-- TASK OBJECTIVE --
Only the lines below between the ones containing "(sid : Str) (hub : Hub) (o : Option Str)" and "unfolding Hub.release_of release_ip_connection", inclusive, are to be reproduced, each exactly as it stands.

Dataset entries:
-- ===== src/Hub/Accounting.antt =====
-- The connections counted per address (server.cpp): every accepted session is counted once, under its
-- address, and no address passes its limit.
use studio_bondage_club.Prelude.{
  ℕ, zero, suc, ◌+◌, ◌-◌, ◌≤◌, ◌≡◌, refl, sym, ap, ◌∙◌, Bool, true, false, ◌||◌, Option, none, some,
  List, [], ◌∷◌, Str, arith, leb, length, length-append, get_elem?, reject, if◌then◌else◌, str_eq,
  str_eq_iff, is_empty, Bool-cases, inl, inr,
}
use studio_bondage_club.Hub
use studio_bondage_club.Hub.{
  Hub, Limits, update, assign_sid, address_of, erase_sid, on_connection, release_ip_connection,
  remove,
}

-- The accepted sessions from an address.
unfoldable pub counted : Str → List (Str × Str) → ℕ
counted a [] = 0
counted a (e ∷ es) = (if str_eq e.1 a then 1 else 0) + counted a es

-- The timestamps kept for an address are as many as its accepted sessions.
abbrev pub IsBalanced : Hub → Type 0
IsBalanced hub =
    (a : Str) → is_empty a ≡ false → length (hub.ip_connections a) ≡ counted a hub.ip_by_sid

abbrev pub IsWithin : Limits → Hub → Type 0
IsWithin lim hub = (a : Str) → length (hub.ip_connections a) ≤ lim.connections

-- What holds of the hub after a call that returns.
abbrev pub Returns : (Hub → Type 0) → Option (Bool × Hub) → Type 0
Returns P none = Unit {0}
Returns P (some (b, hub)) = P hub

counted-assign_sid :
    (a sid b : Str) (es : List (Str × Str))
    → address_of sid es ≡ none
    → counted a (assign_sid sid b es) ≡ counted a es + (if str_eq b a then 1 else 0)
unfolding counted assign_sid address_of
counted-assign_sid a sid b [] h = ground arith
counted-assign_sid a sid b (e ∷ es) h = ground (arith, counted-assign_sid a sid b es)

counted-erase_sid :
    (a sid b : Str) (es : List (Str × Str))
    → address_of sid es ≡ some b
    → counted a es ≡ (if str_eq b a then 1 else 0) + counted a (erase_sid sid es)
unfolding counted erase_sid address_of
counted-erase_sid a sid b [] h = cc
counted-erase_sid a sid b (e ∷ es) h = ground (arith, counted-erase_sid a sid b es)

erase_sid-none :
    (sid : Str) (es : List (Str × Str)) → address_of sid es ≡ none → erase_sid sid es ≡ es
unfolding erase_sid address_of
erase_sid-none sid [] h = refl
erase_sid-none sid (e ∷ es) h = ground (arith, erase_sid-none sid es)

empty_or_other : (b a : Str) → is_empty b ≡ true → is_empty a ≡ false → str_eq b a ≡ false
unfolding str_eq
empty_or_other [] [] h k = cc
empty_or_other [] (x ∷ xs) h k = refl
empty_or_other (y ∷ ys) a h k = cc

str_eq-flip : (a b : Str) → str_eq a b ≡ str_eq b a
unfolding str_eq
str_eq-flip [] [] = refl
str_eq-flip (x ∷ xs) (y ∷ ys) = ground (arith, str_eq-flip xs ys)
str_eq-flip [] (y ∷ ys) = refl
str_eq-flip (x ∷ xs) [] = refl

length-without_first : (ts : List ℕ) → length (Hub.without_first ts) ≡ length ts - 1
unfolding Hub.without_first
length-without_first [] = refl
length-without_first (t ∷ ts) = ground arith

remember-IsBalanced :
    (lim : Limits) (sid a : Str) (now : ℕ) (hub : Hub) (over : Option Bool)
    → address_of sid hub.ip_by_sid ≡ none
    → IsBalanced hub
    → Returns IsBalanced (Hub.remember sid a (Hub.admit lim a now hub over))
unfolding Hub.remember Hub.admit
remember-IsBalanced lim sid a now hub none new v = tt
remember-IsBalanced lim sid a now hub (some over) new v =
    elim (Bool-cases (leb lim.connections (length (hub.ip_connections a)) || over)) [
      | inl refused ↦ rw refused v
      | inr accepted ↦ rw accepted (λ b h. ground (
        arith,
        v b h,
        counted-assign_sid b sid a hub.ip_by_sid new,
        length-append (hub.ip_connections a) (now ∷ []),
        str_eq-flip b a,
        str_eq_iff b a,
      ))
    ]

-- A connection from a session that has no address yet, accepted or refused, keeps the timestamps of
-- every address but the empty one as many as its accepted sessions, if they were so before.
pub on_connection-IsBalanced :
    (lim : Limits) (sid address : Str) (now : ℕ) (hub : Hub)
    → address_of sid hub.ip_by_sid ≡ none
    → IsBalanced hub
    → Returns IsBalanced (on_connection lim sid address now hub)
unfolding on_connection Hub.register_ip_connection
on_connection-IsBalanced lim sid address now hub new v =
    remember-IsBalanced lim sid address now hub _ new v

released-IsBalanced :
    (sid : Str) (hub : Hub) (o : Option Str)
    → address_of sid hub.ip_by_sid ≡ o
    → IsBalanced hub
    → IsBalanced (
        Hub.release_of o (record hub {
          by_sid = reject (str_eq sid) hub.by_sid;
          ip_by_sid = erase_sid sid hub.ip_by_sid;
        }))
unfolding Hub.release_of release_ip_connection
released-IsBalanced sid hub none e v a h =
    v a h ∙ ap (counted a) (sym (erase_sid-none sid hub.ip_by_sid e))
released-IsBalanced sid hub (some b) e v a h = elim (Bool-cases (is_empty b)) [
  | inl no_address ↦ rw no_address (
      ground
        (arith, v a h, counted-erase_sid a sid b hub.ip_by_sid e, empty_or_other b a no_address h))
  | inr address ↦ rw address (
      ground (
        arith,
        v a h,
        counted-erase_sid a sid b hub.ip_by_sid e,
        str_eq-flip b a,
        str_eq_iff b a,
        length-without_first (hub.ip_connections b),
      ))
]

-- The removal of a session, whether or not it was accepted, keeps the timestamps of every address but
-- the empty one as many as its accepted sessions, if they were so before.
pub remove-IsBalanced : (sid : Str) (hub : Hub) → IsBalanced hub → IsBalanced (remove sid hub)
unfolding remove
remove-IsBalanced sid hub v a h =
    released-IsBalanced sid hub (address_of sid hub.ip_by_sid) refl v a h

remember-IsWithin :
    (lim : Limits) (sid a : Str) (now : ℕ) (hub : Hub) (over : Option Bool)
    → IsWithin lim hub
    → Returns (IsWithin lim) (Hub.remember sid a (Hub.admit lim a now hub over))
unfolding Hub.remember Hub.admit
remember-IsWithin lim sid a now hub none v = tt
remember-IsWithin lim sid a now hub (some over) v =
    elim (Bool-cases (leb lim.connections (length (hub.ip_connections a)) || over)) [
      | inl refused ↦ rw refused v
      | inr accepted ↦
          rw accepted
            (λ b. ground (arith, accepted, v b, length-append (hub.ip_connections a) (now ∷ [])))
    ]

-- A connection takes no address over the limit, if none was over it before.
pub on_connection-IsWithin :
    (lim : Limits) (sid address : Str) (now : ℕ) (hub : Hub)
    → IsWithin lim hub
    → Returns (IsWithin lim) (on_connection lim sid address now hub)
unfolding on_connection Hub.register_ip_connection
on_connection-IsWithin lim sid address now hub v = remember-IsWithin lim sid address now hub _ v

get_elem?-some : (v : List ℕ) (i : ℕ) → suc i ≤ length v → (t : ℕ) × (get_elem? v i ≡ some t)
get_elem?-some [] i h = absurd (omega arith)
get_elem?-some (t ∷ ts) zero h = (t, refl)
get_elem?-some (t ∷ ts) (suc i) h = get_elem?-some ts i (omega arith)

over_rate-some :
    (rate now : ℕ) (v : List ℕ) → 1 ≤ rate → (b : Bool) × (Hub.over_rate rate now v ≡ some b)
unfolding Hub.over_rate
over_rate-some rate now v h = elim (Bool-cases (leb rate (length v))) [
  | inl many ↦
      let found = get_elem?-some v (length v - rate) (ground (arith, many)) in
      (leb now (found.0 + 1000), rw (many, found.1) refl)
  | inr few ↦ (false, rw few refl)
]

remember-some :
    (sid a : Str) (p : Bool × Hub) → (r : Bool × Hub) × (Hub.remember sid a (some p) ≡ some r)
unfolding Hub.remember
remember-some sid a (false, hub) = ((false, hub), refl)
remember-some sid a (true, hub) = (_, refl)

remember-some_if :
    (sid a : Str) (b : Bool) (p q : Bool × Hub)
    → (r : Bool × Hub) × (Hub.remember sid a (if b then some p else some q) ≡ some r)
remember-some_if sid a true p q = remember-some sid a p
remember-some_if sid a false p q = remember-some sid a q

admitted-some :
    (lim : Limits) (sid a : Str) (now : ℕ) (hub : Hub) (over : Bool)
    → (r : Bool × Hub) × (Hub.remember sid a (Hub.admit lim a now hub (some over)) ≡ some r)
unfolding Hub.admit
admitted-some lim sid a now hub over =
    remember-some_if sid a (leb lim.connections (length (hub.ip_connections a)) || over)
      (false, hub) _

-- With a rate limit of at least one, a connection is accepted or refused: the code reads no timestamp
-- beyond the end.
pub on_connection-returns :
    (lim : Limits) (sid address : Str) (now : ℕ) (hub : Hub)
    → 1 ≤ lim.rate
    → (r : Bool × Hub) × (on_connection lim sid address now hub ≡ some r)
unfolding on_connection Hub.register_ip_connection
on_connection-returns lim sid address now hub h =
    let over = over_rate-some lim.rate now (hub.ip_connections address) h in
    let r = admitted-some lim sid address now hub over.0 in
    (r.0, ap (λ o. Hub.remember sid address (Hub.admit lim address now hub o)) over.1 ∙ r.1)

-- EXPECTED ANSWER --
    (sid : Str) (hub : Hub) (o : Option Str)
    → address_of sid hub.ip_by_sid ≡ o
    → IsBalanced hub
    → IsBalanced (
        Hub.release_of o (record hub {
          by_sid = reject (str_eq sid) hub.by_sid;
          ip_by_sid = erase_sid sid hub.ip_by_sid;
        }))
unfolding Hub.release_of release_ip_connection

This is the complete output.